Howver, here's the problem...

As a 'generic' system, it needs to avoid use of any setting-specific content.  Technology, as you know, is a big thing in superhero comic books - but these all depend on a modern day or futuristic setting.  

So, by including a large setting on superhero technology (power-armours, ray guns, freeze guns and other staples), we are already devoting a large section of the book to a presumed 'type' of setting.

So - how do you want to see this handled?  The options, as I see them are:

1) Include technology.  It may take up a lrge part of the book.  This means thatpart of the book will be useless to some people who intend to use the rules in a medieval game (for example).

2) Do not include technology.  You can grab the tecnology form your d20 game (ray guns from Dragonstar, things from d20 Modern or d20 Judge Dredd or whatever you're playing).

3) Include technology but - here's the odd bit - don't describe it as technology.  Instead, just say what it does - without saying how it does it.  Your GM can then describe it from a techno viewpoint, a magic viewpoint or whatever he like.

To illustrate whatI mean for this last option, we could take a supers staple - power armour which allows flight.  We'd describe it thus (very roughly and stripped down):

*Power Armour*

_This armour gives a DR of xxxx / gives an AC bonus of xxx.  It allows you to use the Flight superfeat._

Your GM then adds the rest.  e.g., he says:

_The flight effect is created via a jetpack fixed to the back of the armour_

or...

_The flight effect is achieved via magical enchantments in the armour/_

Or whatever.

Continuing that thought - perhaps each of the items could have a couple of alternate descriptions designed to cover any genre.  The mechanics are the same - it's just the fluff/descriptive text which changes.
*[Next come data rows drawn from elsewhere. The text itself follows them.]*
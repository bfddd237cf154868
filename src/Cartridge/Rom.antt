-- ===== src/Cartridge/Rom.antt =====
-- src/cartridge.cpp: the cartridge without a bank controller, with its boot ROM.
pub mod Boot
use tlmboy.Base.{
  ℕ, zero, suc, ◌+◌, ◌-◌, ◌*◌, ◌/◌, ◌%◌, ◌^◌, ◌≤◌, ◌<◌, ◌≡◌, ◌≢◌, ◌⊎◌, ◌↔◌, inl, inr, refl, sym, ap,
  ◌∙◌, arith, Bool, true, false, not, ◌&&◌, ◌||◌, Option, none, some, List, [], ◌∷◌, ◌++◌, map, u8,
  u16, of_bool, to_bool, is_bit_set, set_bit, bit_and, bit_or, bit_xor, ltb, leb, ◌==◌,
  if◌then◌else◌, all_below, all_below_sound, ==→eq, Bool-cases, length, get_or, tabulate,
}
use tlmboy.Tlm.{Command, Response, read, write, ignore, ok_response, assertion}
use tlmboy.Memory
use tlmboy.Memory.File.{DataFile, load_from_file, load_from_data}
use tlmboy.SymfileTracer.{SymfileTracer, trace_access}
use tlmboy.Cartridge.{BankSwitchedMem, do_bank_switch, b_transport}

-- `Cartridge::Rom`, with the parts of the `MemoryBankCtrler` that it uses.
pub record Rom : Type 0 where
  pub game_path : DataFile
  pub rom_low : ℕ → ℕ
  pub rom_high : BankSwitchedMem
  pub symfile_tracer : Option SymfileTracer

abbrev pub zeros : ℕ → ℕ
zeros j = 0

-- The `BankSwitchedMem` constructor, which switches to bank 0.
unfoldable pub new_mem : ℕ → ℕ → BankSwitchedMem
new_mem num_banks bank_size = record {
  cells = zeros;
  num_banks = num_banks;
  bank_size = bank_size;
  bank_data = 0;
  current_bank_ind = 0;
}

-- The constructor; the boot ROM is the given file or the program's own bytes. `none` is a failed
-- assertion or an exception.
abbrev with_high : DataFile → Option SymfileTracer → (ℕ → ℕ) → Option (ℕ → ℕ) → Option Rom
with_high game tracer low none = none
with_high game tracer low (some cells) = some (record {
  game_path = game;
  rom_low = low;
  rom_high = record (new_mem 1 0x4000) { cells = cells };
  symfile_tracer = tracer;
})

abbrev with_low : DataFile → DataFile → Option SymfileTracer → Option (ℕ → ℕ) → Option Rom
with_low game boot tracer none = none
with_low game boot tracer (some low) =
    with_high game tracer (load_from_data boot 0x4000 low) (load_from_file game 0x4000 0x4000 zeros)

unfoldable pub new_rom : DataFile → DataFile → Option SymfileTracer → Option Rom
unfolding new_mem
new_rom game boot tracer = with_low game boot tracer (load_from_file game 0 0x4000 zeros)

-- `UnmapBootRom`.
unfoldable pub unmap_boot_rom : Rom → Option Rom
unmap_boot_rom r = elim (load_from_file r.game_path 0 0x4000 r.rom_low) [
  | none ↦ none
  | some low ↦ some (record r { rom_low = low })
]

-- `TraceAccess`, if there is a tracer and the CPU reads data.
abbrev traced : Bool → ℕ → ℕ → Rom → Rom
traced false bank adr r = r
traced true bank adr r = record r {
  symfile_tracer = elim r.symfile_tracer [ none ↦ none | some t ↦ some (trace_access bank adr t) ];
}

abbrev at_low : Command → ℕ → ℕ → Rom → Response × Rom
at_low cmd adr dat r =
    let done = Memory.b_transport cmd adr dat r.rom_low in (done.0, record r { rom_low = done.1 })

abbrev at_high : Command → ℕ → ℕ → Rom → Response × Rom
at_high cmd adr dat r =
    let done = b_transport cmd (adr - 0x4000) dat r.rom_high in
    (done.0, record r { rom_high = done.1 })

abbrev pass_on : Bool → Command → ℕ → ℕ → Rom → Response × Rom
pass_on is_data cmd adr dat r =
    if ltb adr 0x4000
    then at_low cmd adr dat (traced is_data 0 adr r)
    else at_high cmd adr dat (traced is_data r.rom_high.current_bank_ind adr r)

abbrev at_rom : Bool → Command → ℕ → ℕ → Rom → Response × Rom
at_rom is_data write adr dat r = (ok_response dat, r)
at_rom is_data read adr dat r = pass_on is_data read adr dat r
at_rom is_data ignore adr dat r = pass_on is_data ignore adr dat r

-- `Rom::b_transport_rom`; whether the CPU reads data is the extension of the transaction.
unfoldable pub b_transport_rom : Bool → Command → ℕ → ℕ → Rom → Response × Rom
unfolding Memory.b_transport b_transport trace_access
b_transport_rom is_data cmd addr dat r =
    if ltb (u16 addr) 0x8000 then at_rom is_data cmd (u16 addr) dat r else (assertion, r)

-- `Rom::b_transport_ram`: there is no memory.
unfoldable pub b_transport_ram : Command → ℕ → ℕ → Rom → Response × Rom
b_transport_ram read addr dat r =
    if ltb (u16 addr) 0x8000 then (ok_response 0, r) else (assertion, r)
b_transport_ram cmd addr dat r =
    if ltb (u16 addr) 0x8000 then (ok_response dat, r) else (assertion, r)

-- `MemoryBankCtrler::transport_dbg_rom`: the debugger may write into the ROM.
unfoldable pub transport_dbg_rom : Command → ℕ → ℕ → Rom → Response × Rom
unfolding Memory.b_transport b_transport
transport_dbg_rom cmd addr dat r =
    if ltb (u16 addr) 0x8000
    then (if ltb (u16 addr) 0x4000
        then at_low cmd (u16 addr) dat r
        else at_high cmd (u16 addr) dat r)
    else (assertion, r)

-- `MemoryBankCtrler::get_direct_mem_ptr`: the range and the place in `rom_low`, `none` where there
-- is no pointer.
unfoldable pub get_direct_mem_ptr : ℕ → Rom → Option (ℕ × ℕ × ℕ)
get_direct_mem_ptr addr r =
    let granted = if leb 0x4000 (u16 addr) then none else some (0, 0x3FFF, u16 addr) in
    elim r.symfile_tracer [ none ↦ granted | some t ↦ none ]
Your opinions?  What would you like to see us do with this?


----------



## whatisitgoodfor (Feb 15, 2002)

I was expecting that Tech would be included mostly in its own supplement. Possibly released simultaneously  , possibly not. 
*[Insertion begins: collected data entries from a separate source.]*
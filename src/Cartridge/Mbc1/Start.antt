-- ===== src/Cartridge/Mbc1/Start.antt =====
-- src/cartridge.cpp: how MBC1 is constructed from the files of the game, the boot ROM and the saved
-- RAM, how it unmaps the boot ROM, and what it saves.
use tlmboy.Base.{ℕ, false, Option, none, some}
use tlmboy.Memory.File.{DataFile, load_from_file, load_from_data}
use tlmboy.Cartridge.Rom.{zeros, new_mem}
use tlmboy.Cartridge.Mbc1.{Mbc1}

-- The constructor; `save` is the save file, if there is one. `none` is a failed assertion or an
-- exception.
abbrev with_ram : (ℕ → ℕ) → (ℕ → ℕ) → Option (ℕ → ℕ) → Option Mbc1
with_ram low high none = none
with_ram low high (some ram) = some (record {
  rom_low = low;
  rom_high = record (new_mem 128 0x4000) { cells = high };
  ext_ram = record (new_mem 4 0x2000) { cells = ram };
  ram_ind = 0;
  rom_ind = 0;
  rom_bank_low_bits = 0;
  the_two_bits = 0;
  more_ram_mode = false;
  ram_enabled = false;
})

-- The RAM, from the save file if it exists.
abbrev pub saved_ram : Option DataFile → Option (ℕ → ℕ)
saved_ram none = some zeros
saved_ram (some file) = load_from_file file 0 0x8000 zeros

abbrev with_high : Option DataFile → (ℕ → ℕ) → Option (ℕ → ℕ) → Option Mbc1
with_high save low none = none
with_high save low (some high) = with_ram low high (saved_ram save)

abbrev with_low : DataFile → DataFile → Option DataFile → Option (ℕ → ℕ) → Option Mbc1
with_low game boot save none = none
with_low game boot save (some low) =
    with_high save (load_from_data boot 0x4000 low) (load_from_file game 0x4000 0x200000 zeros)

unfoldable pub new_mbc1 : DataFile → DataFile → Option DataFile → Option Mbc1
unfolding new_mem load_from_file load_from_data
new_mbc1 game boot save = with_low game boot save (load_from_file game 0 0x4000 zeros)

-- `UnmapBootRom`.
unfoldable pub unmap_boot_rom : DataFile → Mbc1 → Option Mbc1
unfolding load_from_file
unmap_boot_rom game m = elim (load_from_file game 0 0x4000 m.rom_low) [
  | none ↦ none
  | some low ↦ some (record m { rom_low = low })
]

-- What the destructor saves: `SaveToFile` of the RAM.
unfoldable pub saved : Mbc1 → DataFile
saved m = record { size = 0x8000; byte = m.ext_ram.cells }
I think the question you are asking boils down to: "What's the difference between a Di-Lithium Crystal and an imprisoned Fire Elemental's Soul.

Really, there isn't any differance as far as the mechanics are concered. If you want to make your job harder, then sure, go ahead and give two pieces of flavor text for each Magic Item/Tech Piece. It won't have any effect on the actual rules, so do whatever you want. 

Personally, I think the best option for you would be to describe all of the items using flavor text based on a relatively modern/technological setting, then include some sidebars noteing how the descriptions will vary with the setting.


**************
Short Answer: Some of both 1 & 3.


----------



## Sir Osis of Liver (Feb 16, 2002)

when i think superheroes, I think comic books, most of witch are set in modern times and include super-tech as part of the norm. I think it would be a mistake to make things overly "generic". You obviously need to make it generic to a certain point as you don't have setting specific licences. But you can still maintain a universe similar to those found in the comics. I've actuall benn thinking on the subject of super hero Rpg's for a while now and come to the conclusion that the most difficult part of a D20 superhero game is the class system. It seems to me the best thing would be a single base class, with templates based on the campaign/heroes over all power level. Essentally everyone would start of with the simple base line then add a template of some sort that determaned the type, amount, and intesity of thier super powers.

whoops mind wandered a little on that one, sorry.  The point I wanted to chime in on is that the "Tech-dependant" hero is a staple of comics thus making it nessasary to include some super-tech info.

Can't wait to see what you come up with!


----------



## The Burned Man (Feb 16, 2002)

Option 3 ofcourse...

...thats the route they took in champions, having Focuses ie "powers" tied to objects...


----------



## Disciple of Darwin (Feb 16, 2002)

I agree wholeheartedly with Sir Osis.  When I think of Supers, I think of moden (or near modern) day.  I think its nice that you're trying to make the game useable in multiple genres, Morrus, but from my POV, when I want to play a supers game, I'm going to play a supers game, not add it on top of my fantasy game.  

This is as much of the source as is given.